The Borrower has entered into that certain Stock and Asset Purchase Agreement, dated as of April 30, 2020 (including all schedules and exhibits thereto, the “Acquisition Agreement”), with the Target.  Pursuant to the terms of the Acquisition Agreement, on the Closing Date, subject to the satisfaction or waiver of certain conditions set forth in the Acquisition Agreement, (a) the Target will cause certain of its affiliates to transfer to the Borrower, and the Borrower will purchase, the Transferred Equity Interests (as defined in the Acquisition Agreement) and (b) Seller Parties (as defined in the Acquisition Agreement) will, or will cause their applicable subsidiary to, transfer to the Borrower all of the Transferred Assets (as defined in the Acquisition Agreement).  The Transferred Equity Interests and the Transferred Assets are collectively referred to herein as the “Acquired Assets”.

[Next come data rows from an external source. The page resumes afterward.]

-- ===== src/Service/Migration/Copies.antt =====
-- agent/cg-agent/src/service/migration.rs: one pass over the old copies in the legacy directory.
-- What Windows answers of the directory and of each object in it is an argument.
pub mod Objects
pub mod Extends
pub mod Taken
pub mod Reports
mod Tests
use cyber_guard_enterprise.Prelude.{
  ℕ, zero, suc, ◌-◌, Bool, true, false, ◌||◌, not, List, [], ◌∷◌, ◌++◌, Option, none, some, Text,
  bytes, length, text_eq, ◌==◌, if◌then◌else◌,
}
use cyber_guard_enterprise.Prelude.Results.{
  Result, ok, err, Done, ◌>>=◌, ◌>>◌, guard, ok_or, map_err,
}
use cyber_guard_enterprise.Prelude.Print.{to_hex}
use cyber_guard_enterprise.Custody.Security.{Handle, directory, check_shape}
use cyber_guard_enterprise.Service.Migration.Arguments.{Choice, remove, keep, Texts, text_lt}
use cyber_guard_enterprise.Service.Migration.Entries.{known_name, file_name, in_directory}
use cyber_guard_enterprise.Service.Migration.Host.{
  Record, Injected, fails, crash, Stop, answer, texts_eq,
}
use cyber_guard_enterprise.Service.Migration.Files.{FileId}

-- `Copies`.
pub record Copies : Type 0 where
  pub restricted : Texts
  pub removed : Texts
  pub not_reached : Texts
  pub directory_removed : Bool

-- `Copies::default`.
abbrev pub no_copies : Copies
no_copies = record { restricted = []; removed = []; not_reached = []; directory_removed = false }

-- What the pass is answered, of an object by its name: at its point, of the open to restrict it and
-- of that, and of the open to delete it and of that.
pub record Directory : Type 0 where
  pub root_record : Result Stop (Option Record)
  pub is_counted : Bool
  pub legacy_path : Text
  pub at_restrict : Option Injected
  pub opened : Result Text Handle
  pub secured : Result Text Done
  pub listed : Result Text Texts
  pub at_copy : Text → Option Injected
  pub copy_opened : Text → Result Text Handle
  pub copy_secured : Text → Result Text Done
  pub copy_reopened : Text → Result Text Handle
  pub copy_deleted : Text → Result Text Done
  pub listed_again : Result Text Texts
  pub at_remove : Option Injected
  pub reopened : Result Text Handle
  pub deleted : Result Text Done
  pub at_rewrite : Option Injected
  pub rewritten : Result Text Done

-- `Display` of a file's identity: two numbers in hexadecimal digits, padded.
abbrev pub zeros : ℕ → Text
zeros zero = []
zeros (suc n) = 48 ∷ zeros n

abbrev pub padded : ℕ → Text → Text
padded width digits = zeros (width - length digits) ++ digits

abbrev pub show_id : FileId → Text
show_id (volume, index) = padded 8 (to_hex volume) ++ 45 ∷ padded 16 (to_hex index)

abbrev pub id_of : Text → List (Text × Text) → Option Text
id_of name [] = none
id_of name ((n, id) ∷ files) =
    let rest = id_of name files in if text_eq n name then some id else rest

abbrev pub expected : Option Text → Record → Option Text
expected none r = none
expected (some known) r = id_of known r.files

abbrev pub is_expected : Option Text → Text → Bool
is_expected none id = false
is_expected (some own) id = text_eq own id

unfoldable pub check_copy : Handle → Text → Text → Record → Result Text Done
check_copy handle path name r = handle.information >>= λ info.
    guard (not (info.is_reparse_point || info.is_directory))
      (path ++ bytes " is not a regular file")
    >> (guard (is_expected (expected (known_name name) r) (show_id info.id))
          (path ++ bytes " is not the file the migration checked")
        >> guard (info.number_of_links == 1) (path ++ bytes " is hard-linked"))

unfoldable pub restrict_legacy_directory : Directory → Result Injected Done
restrict_legacy_directory d =
    answer d.at_restrict
    >> map_err fails
        (d.opened >>= λ handle. check_shape handle d.legacy_path directory >> d.secured)

-- `restrict_copy`, by the product's name for the object.
unfoldable pub restrict_known : Directory → Text → Record → Option Text → Result Injected Done
restrict_known d name r none =
    err (fails (in_directory d.legacy_path name ++ bytes " is not an object the migration checked"))
restrict_known d name r (some known) =
    answer (d.at_copy known)
    >> map_err fails (
        d.copy_opened name >>= λ handle.
        check_copy handle (in_directory d.legacy_path name) name r >> d.copy_secured name)

unfoldable pub restrict_copy : Directory → Text → Record → Result Injected Done
restrict_copy d name r = restrict_known d name r (known_name name)

unfoldable pub remove_copy : Directory → Text → Record → Result Text Done
remove_copy d name r = d.copy_reopened name >>= λ handle.
    check_copy handle (in_directory d.legacy_path name) name r >> d.copy_deleted name

unfoldable pub remove_legacy_directory : Directory → Result Injected Done
remove_legacy_directory d =
    answer d.at_remove
    >> map_err fails
        (d.reopened >>= λ handle. check_shape handle d.legacy_path directory >> d.deleted)

abbrev pub missed : Text → Copies → Copies
missed name report = record report { not_reached = report.not_reached ++ name ∷ [] }

abbrev pub cut_short : Text
cut_short = bytes "the pass was cut short"

-- A copy that was restricted, and is removed if that is the choice.
unfoldable pub removal : Text → Result Text Done → Copies → Copies
removal name (ok d) report = record report { removed = report.removed ++ name ∷ [] }
removal name (err reason) report = missed name report

unfoldable pub chosen : Directory → Text → Record → Choice → Copies → Copies
chosen d name r keep report = report
chosen d name r remove report = removal name (remove_copy d name r) report

unfoldable pub take_copy :
    Directory → Text → Record → Result Injected Done → Copies → Result Text Copies
take_copy d name r (ok x) report =
    ok (chosen d name r r.choice (record report { restricted = report.restricted ++ name ∷ [] }))
take_copy d name r (err crash) report = err cut_short
take_copy d name r (err (fails reason)) report = ok (missed name report)

-- The loop over the names.
unfoldable pub take_copies : Directory → Record → Texts → Copies → Result Text Copies
take_copies d r [] report = ok report
take_copies d r (name ∷ names) report =
    take_copy d name r (restrict_copy d name r) report >>= λ report. take_copies d r names report

-- `sort`.
abbrev pub place : Text → Texts → Texts
place name [] = name ∷ []
place name (n ∷ names) =
    let rest = place name names in if text_lt n name then n ∷ rest else name ∷ n ∷ names

abbrev pub sort : Texts → Texts
sort [] = []
sort (name ∷ names) = place name (sort names)

-- The legacy directory, at the start of the pass and, once it is empty, at its end.
unfoldable pub restricted_first : Directory → Result Injected Done → Result Text (Bool × Copies)
restricted_first d (ok x) = ok (true, no_copies)
restricted_first d (err crash) = err cut_short
restricted_first d (err (fails reason)) = ok (false, missed (file_name d.legacy_path) no_copies)

unfoldable pub removed_last : Directory → Copies → Result Injected Done → Result Text Copies
removed_last d report (ok x) = ok (record report { directory_removed = true })
removed_last d report (err crash) = err cut_short
removed_last d report (err (fails reason)) = ok (missed (file_name d.legacy_path) report)

abbrev pub is_nothing : Texts → Bool
is_nothing [] = true
is_nothing (n ∷ names) = false

unfoldable pub empty_directory : Directory → Choice → Bool → Copies → Result Text Copies
empty_directory d remove true report = d.listed_again >>= λ names.
    if is_nothing names then removed_last d report (remove_legacy_directory d) else ok report
empty_directory d remove false report = ok report
empty_directory d keep restricted report = ok report

-- The record as the pass leaves it, if it writes one.
unfoldable pub rewrite_record : Directory → Record → Copies → Option Record
rewrite_record d r report =
    if texts_eq r.copies_not_reached report.not_reached
    then none
    else (elim (answer d.at_rewrite >> map_err fails d.rewritten) [
      | ok x ↦ some (record r { copies_not_reached = report.not_reached })
      | err cut ↦ none
    ])

unfoldable pub pass : Directory → Record → Result Text (Copies × Option Record)
pass d r = restricted_first d (restrict_legacy_directory d) >>= λ first. d.listed >>= λ names.
    take_copies d r (sort names) first.1 >>= λ taken.
    empty_directory d r.choice first.0 taken >>= λ report. ok (report, rewrite_record d r report)

-- `copies`: its report, and the record that it writes, if it does.
unfoldable pub copies : Directory → Result Text (Copies × Option Record)
copies d = map_err (λ stop. bytes "the record cannot be read") d.root_record >>= λ found.
    ok_or found (bytes "the data root holds no record") >>= λ r.
    if d.is_counted then pass d r else ok (no_copies, none)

In connection with the foregoing it is intended that:

1.
The Borrower will, on or prior to the Closing Date (i) amend, restate or replace that certain Credit Agreement, dated as of June 12, 2015 (as amended and restated, supplemented or otherwise modified or replaced prior to the date hereof, the “Existing Credit Agreement”) to allow for additional borrowings and/or incur additional indebtedness under any other new credit facility in excess of the $600.0 million of term loans and $500.0 million of revolving credit facility borrowing availability under the Existing Credit Agreement (collectively, the “Incremental Borrowings”), (ii) issue and sell senior unsecured notes (the “Senior Notes”) to the Lenders or in a public or private offering in an aggregate amount of $400.0 million, or (iii) issue and sell equity securities (including debt securities convertible or exchangeable into or exercisable for equity securities, other equity-linked securities or hybrid debt-equity securities) (“New Equity,” together with any Incremental Borrowings or Senior Notes the “Permanent Financing”) in a public or private offering, in an aggregate amount of $400.0 million.

E-1


2.
The cash on hand, borrowings under the Existing Credit Agreement and proceeds of the Permanent Financing or borrowings under the Facilities (to the extent borrowed on the Closing Date) will be applied to (i) pay the purchase price in connection with the Acquisition, (ii) pay the fees, costs and expenses incurred in connection with the Transactions (the amounts set forth in clauses (i) and (i) above, collectively, the “Acquisition Costs”) and (iii) satisfy any regulatory or statutory capital requirements applicable to the Borrower in connection with the transactions contemplated by the Acquisition Agreement.
 
The transactions described above (including the payment of Acquisition Costs) are collectively referred to herein as the “Transactions”.